Audi TT with the 3.2 litre VR6 engine.










*Supplies*

5.2-litres* of synthetic motor oil meeting the Audi/VW 505.01 / 502.00 specifications. My manual says use 5W40 (or 5W30 or 0W40). I used Mobil 1 0W40.

New filter (I used the Mann HU 719/7x - which is identical to the Audi/VW part but only costs about $10 - it didn't come with a new crush washer for the oil drain plug)

New crush washer for each oil change (M14x20mmx1.5mm) (note: the oil drain plug is M14x1.5 size in case you want a spare on hand should the old one be damaged)

* Note - Start by re-filling with 5-liters, then drive the car for a few minutes and check the level again to avoid over filling. Top up as needed.

*Tools -*

• Method of raising the car (wheel ramps and chocks work well)
• T25, T30, T45 Torx screwdriver for removing belly pan
• 19 mm wrench or socket for removing the oil drain plug
• 36 mm socket for removing the oil filter housing (or the special Audi/VW tool)
• Oil drain pan to catch the used oil.
• Paper towels

*Setup -*

Raise the car - I find ramps ideal for this job. Use wheel chocks. Parking brake on!
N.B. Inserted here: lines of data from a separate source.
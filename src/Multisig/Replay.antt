-- ===== src/Multisig/Replay.antt =====
-- What stops a second execution in the multisig of multisig.rs.
use grainlify_stellar_contra.Base.{ℕ, ◌≡◌, ◌≢◌, ◌≤◌, ◌<◌, refl, true, some, arith}
use grainlify_stellar_contra.Base.Host.{Env, ok, Outcome}
use grainlify_stellar_contra.Multisig.State.{State, MultiSigError, ProposalAction, Proposal, Call}
use grainlify_stellar_contra.Multisig.Operations.{
  check_execute, get_proposal, can_execute, execute, executed_with,
}
use grainlify_stellar_contra.Multisig.Effects.{
  Keeps, SameProposals, init-ok, propose-ok, approve-ok, execute-ok, remove_signer-SameProposals,
  add_signer-SameProposals, rotate_signers-SameProposals,
}
use grainlify_stellar_contra.Multisig.Steps.{
  Step, Steps, initialise, proposes, approves, executes, removes, adds, rotates, stay, next,
}
use grainlify_stellar_contra.Multisig.Soundness.{IsSound, IsEmpty, Step-IsSound, Steps-IsSound}

-- The proposal stays executed, and the nonce does not fall.
abbrev IsDone : State → State → ℕ → Type 0
IsDone s s' id =
    ((q : Proposal) × (s'.proposals id ≡ some q) × (q.executed ≡ true))
    × (s.execution_nonce ≤ s'.execution_nonce)

same-IsDone :
    (s s' : State) (id : ℕ) {p : Proposal}
    → s.proposals id ≡ some p
    → p.executed ≡ true
    → SameProposals s s'
    → IsDone s s' id
same-IsDone s s' id {p} f ex same =
    ((p, rw same.same_proposals f, ex), rw same.same_nonce (omega arith))

Step-IsDone :
    (s s' : State) (id : ℕ) {p : Proposal}
    → IsSound s
    → s.proposals id ≡ some p
    → p.executed ≡ true
    → Step s s'
    → IsDone s s' id
Step-IsDone s s' id sound f ex (initialise e as_ n h) =
    let (unset, _, _, _) = init-ok e s s' as_ n h in absurd (ground (arith, sound.unset unset id))
Step-IsDone s s' id {p} sound f ex (proposes e a act i h) =
    let (c, k, next_, count, w, same, same_nonce) = propose-ok e s s' a act h in
    let old = sound.counted id p f in ((p, ground arith, ex), omega arith)
Step-IsDone s s' id {p} sound f ex (approves e i a h) =
    let (q, g, _, _, open_, _, w, _, _, same_nonce) = approve-ok e s s' i a h in
    ((p, ground arith, ex), omega arith)
Step-IsDone s s' id {p} sound f ex (executes e i act n run keeps h) =
    let (q, g, fresh, _, now, next_, w, _, _) = execute-ok e s s' i act n run keeps h in
    ((p, ground arith, ex), omega arith)
Step-IsDone s s' id sound f ex (removes e a b h) =
    same-IsDone s s' id f ex (remove_signer-SameProposals e s s' a b h)
Step-IsDone s s' id sound f ex (adds e a b h) =
    same-IsDone s s' id f ex (add_signer-SameProposals e s s' a b h)
Step-IsDone s s' id sound f ex (rotates e a add remove n h) =
    let (same, _) = rotate_signers-SameProposals e s s' a add remove n h in
    same-IsDone s s' id f ex same

Steps-IsDone :
    {s s' : State} (id : ℕ) {p : Proposal}
    → IsSound s
    → s.proposals id ≡ some p
    → p.executed ≡ true
    → Steps s s'
    → IsSound s' × IsDone s s' id
Steps-IsDone id {p} sound f ex stay = (sound, ((p, f, ex), omega arith))
Steps-IsDone id sound f ex (next {t} {u} path step) =
    let (sound', ((q, g, done), low)) = Steps-IsDone id sound f ex path in
    let (last, low') = Step-IsDone t u id sound' g done step in
    (Step-IsSound t u step sound', (last, omega arith))

-- The call did not succeed.
abbrev pub Fails : {A : Type 0} → Outcome MultiSigError (A × State) → Type 0
Fails {A} o = (r : A × State) → o ≢ ok r

executed-Fails :
    (e : Env) (s : State) (id : ℕ) (act : ProposalAction) (n : ℕ) (run : Call (Unit {0}))
    {p : Proposal}
    → s.proposals id ≡ some p
    → p.executed ≡ true
    → Fails (execute id act n run e s)
unfolding execute check_execute get_proposal can_execute
executed-Fails e s id act n run f ex r h = ground arith

old_nonce-Fails :
    (e : Env) (s : State) (id : ℕ) (act : ProposalAction) (n : ℕ) (run : Call (Unit {0}))
    → n < s.execution_nonce
    → Fails (execute id act n run e s)
unfolding execute check_execute get_proposal can_execute
old_nonce-Fails e s id act n run low r h = ground arith

-- In every history that starts with nothing set up, after an `execute` that succeeds with a closure
-- that leaves the storage of the multisig alone, and whatever calls succeed after it, the proposal
-- is never executed again and no proposal is executed with the nonce that was used.
pub no_replay :
    (e e' : Env) (s0 s s' t : State) (id j : ℕ) (act act' act'' : ProposalAction) (n m : ℕ)
    (run run' run'' : Call (Unit {0}))
    → IsEmpty s0
    → Steps s0 s
    → Keeps e run
    → execute id act n run e s ≡ ok (tt, s')
    → Steps s' t
    → Fails (execute id act' m run' e' t) × Fails (execute j act'' n run'' e' t)
no_replay e e' s0 s s' t id j act act' act'' n m run run' run'' start before keeps h path =
    let (p, f, _, _, _, next_, w, _, _) = execute-ok e s s' id act n run keeps h in
    let sound = Steps-IsSound start (next before (executes e id act n run keeps h)) in
    let (_, ((q, g, done), low)) =
      Steps-IsDone id {p = executed_with p n} sound (ground arith) refl path in
    (executed-Fails e' t id act' m run' g done, old_nonce-Fails e' t j act'' n run'' (omega arith))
Remove the belly pan under the engine (held on by a variety of torx screws). Mine had some oil splatter from a prior owner, which I cleaned up.










*Drain -*

Locate the oil pan drain bolt, its 19 mm. Unscrew it with the oil drain pan underneath to catch the 5.2 or so litres that will drain out.
























*Remove oil filter housing - *

It's possible to remove the drain bolt in the centre of the oil filter housing, but that seems like an unnecessary risk if it doesn't seal properly when you tighten it back. I just unscrewed the oil filter housing using a 36 mm socket and had the oil pan below it to catch the oil (perhaps 300 ml or so) that immediately spills out of the housing. You can see that it is also possible to use an Audi/VW specific wrench that goes around the circumference of the housing (but why buy a special tool if you don't have to).
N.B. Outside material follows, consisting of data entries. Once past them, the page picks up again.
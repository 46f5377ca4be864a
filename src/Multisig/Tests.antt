-- ===== src/Multisig/Tests.antt =====
-- The multisig of multisig.rs at concrete inputs.
use grainlify_stellar_contra.Base.{ℕ, ◌≡◌, ◌≤◌, ◌<◌, refl, true, false, some, none, [], ◌∷◌}
use grainlify_stellar_contra.Base.Int.{pos}
use grainlify_stellar_contra.Base.Host.{Env, ok, after, pure}
use grainlify_stellar_contra.Multisig.State.{State, upgrade, Proposal, Call}
use grainlify_stellar_contra.Multisig.Operations.{
  init, get_config, get_proposal, can_execute, propose, approve, check_execute, mark_executed,
  execute, remove_each, add_each, rotate_signers, without,
}
use grainlify_stellar_contra.Multisig.Viability.{IsViable}
use grainlify_stellar_contra.Multisig.Effects.{Keeps}
use grainlify_stellar_contra.Multisig.Steps.{
  Steps, stay, next, initialise, proposes, approves, executes, rotates,
}
use grainlify_stellar_contra.Multisig.Soundness.{
  IsEmpty, IsBacked, Steps-IsViable, executed-IsBacked,
}
use grainlify_stellar_contra.Multisig.Replay.{Fails, no_replay}

-- Everybody signs.
abbrev host : Env
host = record {
  timestamp = 1000;
  authorized = λ _. true;
  current_contract_address = 99;
  balance = λ _ _. pos 0;
  balance_after = λ _ _ _. pos 1000000;
  transfer_ok = λ _ _. true;
  gov_ver = λ _. 1;
  gov_version_numeric = λ _. 10000;
  gov_is_upg_ok = λ _ _. true;
  gov_is_vetoed = λ _ _. false;
  gov_execute_proposal = λ _ _. true;
}

abbrev empty : State
empty = record {
  config = none;
  proposal_counter = 0;
  proposals = λ _. none;
  execution_nonce = 0;
  events = [];
}

empty-IsEmpty : IsEmpty empty
empty-IsEmpty = (refl, λ id. refl)

-- The closure that does nothing to the storage.
abbrev nothing : Call (Unit {0})
nothing = pure tt

nothing-Keeps : Keeps host nothing
nothing-Keeps s t h = cc

-- Three signers, two of whom are enough.
abbrev ready : State
unfolding init
ready = after empty (init (1 ∷ 2 ∷ 3 ∷ []) 2 host empty)

ready_runs : init (1 ∷ 2 ∷ 3 ∷ []) 2 host empty ≡ ok (tt, ready)
unfolding ready
ready_runs = refl

-- One proposes the code 77.
abbrev proposed : State
unfolding propose get_config
proposed = after ready (propose 1 (upgrade 77) host ready)

proposed_runs : propose 1 (upgrade 77) host ready ≡ ok (1, proposed)
unfolding proposed ready
proposed_runs = refl

-- And approves it.
abbrev approved_once : State
unfolding approve get_proposal
approved_once = after proposed (approve 1 1 host proposed)

approved_once_runs : approve 1 1 host proposed ≡ ok (tt, approved_once)
unfolding approved_once proposed ready
approved_once_runs = refl

-- So does another.
abbrev approved_twice : State
unfolding approve get_proposal
approved_twice = after approved_once (approve 1 3 host approved_once)

approved_twice_runs : approve 1 3 host approved_once ≡ ok (tt, approved_twice)
unfolding approved_twice approved_once proposed ready
approved_twice_runs = refl

-- The proposal is executed.
abbrev done : State
unfolding execute check_execute mark_executed get_proposal can_execute
done = after approved_twice (execute 1 (upgrade 77) 0 nothing host approved_twice)

done_runs : execute 1 (upgrade 77) 0 nothing host approved_twice ≡ ok (tt, done)
unfolding done approved_twice approved_once proposed ready
done_runs = refl

-- One signer is replaced and all three are asked for.
abbrev rotated : State
unfolding rotate_signers get_config remove_each add_each without
rotated = after done (rotate_signers 1 (4 ∷ []) (3 ∷ []) (some 3) host done)

rotated_runs : rotate_signers 1 (4 ∷ []) (3 ∷ []) (some 3) host done ≡ ok (tt, rotated)
unfolding rotated done approved_twice approved_once proposed ready
rotated_runs = refl

before : Steps empty approved_twice
before =
    next
      (next
        (next (next stay (initialise host (1 ∷ 2 ∷ 3 ∷ []) 2 ready_runs))
          (proposes host 1 (upgrade 77) 1 proposed_runs))
        (approves host 1 1 approved_once_runs))
      (approves host 1 3 approved_twice_runs)

whole : Steps empty rotated
whole =
    next (next before (executes host 1 (upgrade 77) 0 nothing nothing-Keeps done_runs))
      (rotates host 1 (4 ∷ []) (3 ∷ []) (some 3) rotated_runs)

Steps-IsViable_example : IsViable (record { signers = 1 ∷ 2 ∷ 4 ∷ []; threshold = 3 })
unfolding rotated done approved_twice approved_once proposed ready
Steps-IsViable_example = Steps-IsViable empty rotated empty-IsEmpty whole refl

-- The proposal at the end.
abbrev executed_proposal : Proposal
executed_proposal = record {
  action = upgrade 77;
  approvals = 1 ∷ 3 ∷ [];
  executed = true;
  signers = 1 ∷ 2 ∷ 3 ∷ [];
  threshold = 2;
  executed_nonce = some 0;
}

executed-IsBacked_example :
    IsBacked executed_proposal
    × (2 ≤ 2)
    × ((n : ℕ) × (executed_proposal.executed_nonce ≡ some n) × (n < rotated.execution_nonce))
unfolding rotated done approved_twice approved_once proposed ready
executed-IsBacked_example = executed-IsBacked empty rotated 1 empty-IsEmpty whole refl refl

no_replay_example :
    Fails (execute 1 (upgrade 77) 1 nothing host rotated)
    × Fails (execute 2 (upgrade 78) 0 nothing host rotated)
unfolding rotated done approved_twice approved_once proposed ready
no_replay_example =
    no_replay host host empty approved_twice done rotated 1 2 (upgrade 77) (upgrade 77) (upgrade 78)
      0 1 nothing nothing nothing empty-IsEmpty before nothing-Keeps done_runs
      (next stay (rotates host 1 (4 ∷ []) (3 ∷ []) (some 3) rotated_runs))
One day I might buy this nicer aftermarket housing with a much better designed drain plug.










*Finish up -*

Install a new filter. First replace the o-ring that seals the filter housing, pry off the old one with a small flat screwdriver, and roll on the new one. Wipe some oil onto the o-ring and the small o-ring that is mounted on the filter itself. Place the filter in the housing with the pointy end up and carefully screw it on taking note that nothing binds.










Top up the oil through the filler on the top of the engine, add 5.2 litres provided you fully drained the oil and replaced the oil filter. Check oil level with dipstick after driving and letting the oil drain to the pan. May need to add up to 300 ml to fully reach 5.5 litre capacity.
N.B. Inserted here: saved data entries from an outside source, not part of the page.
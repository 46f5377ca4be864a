-- ===== src/Program.antt =====
-- The program escrow of program-escrow/src/lib.rs: prize pools, payouts and release schedules.
mod Tests
pub mod State
pub mod Monitoring
pub mod Guards
pub mod Admin
pub mod Disputes
pub mod RateLimit
pub mod Lock
pub mod Payout
pub mod Schedules
pub mod Queries
pub mod Ledger
pub mod Books
pub mod Quiet
pub mod Steps
pub mod WellFormed
pub mod Once
pub mod Solvency
pub mod Refinement
pub mod Safety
To reset the oil service interval you can try the following:

Switch the ignition on (but don't start engine). There are two knobs at the bottom of the speedometer pod. Pull the knob on the right side (message appears "Service in XXXkm/YYY days"). Release knob. Within 5 seconds pull the same knob out (message appears "Service in *km/* days"). Turn off ignition.


----------



## temporarychicken (Oct 16, 2012)

Wonderful instruction - and just in time - I'm doing mine next weekend but I really hate it when I have to buy two tubs of oil (5l each) for an oil change. The four cylinder engines take less than 5l so you only need one tub.

That said, my other car a Porsche boxster takes 9l. Maybe I should buy 3 tubs and do them both!

Especially useful is the part number for the filter. This will enable me to make sure I've got the right piece in advance of the job.


----------



## bmcc (Mar 11, 2015)

Done an oil change on my V6 last weekend and only ended up putting in about 5.2L of Oil with filter change. Bentley Manual says to put in 0.5L less than max oil (5.5l with filter) then run up to about 60C and check for leaks. Fill up to max after this (waited 20 mins just to be sure most had drained back to the sump)

I only say this as if I had put in 5.5L then I would have overfilled with oil which is not recommended due to possible damage to the catalytic converter.


----------



## TT4LEE (Mar 8, 2015)

I'll update the original post to say add 5.2 litres then check (good advice against overfilling since the amount removed can vary). I'll also add how to reset the oil service indicator since most DIY'ers will want to know how. Thanks for the feedback. I realize this is a super simple job, but for some people it may be their first change to interact with servicing their car - and getting into DIY is a good thing.


----------



## SwissJetPilot (Apr 27, 2014)

Just to pick up where this left off five years ago, for the 3.2 VR-6 (BUB) engine oil filter cap and cartridge there are three o-rings to look for; (1) a small one on the end of the oil cartridge stem (2) the small o-ring that goes on the cap plug (3) the large o-ring for the housing cap which is usually included with the filter cartridge. And don't forget about (4) the oil sump drain plug crush washer.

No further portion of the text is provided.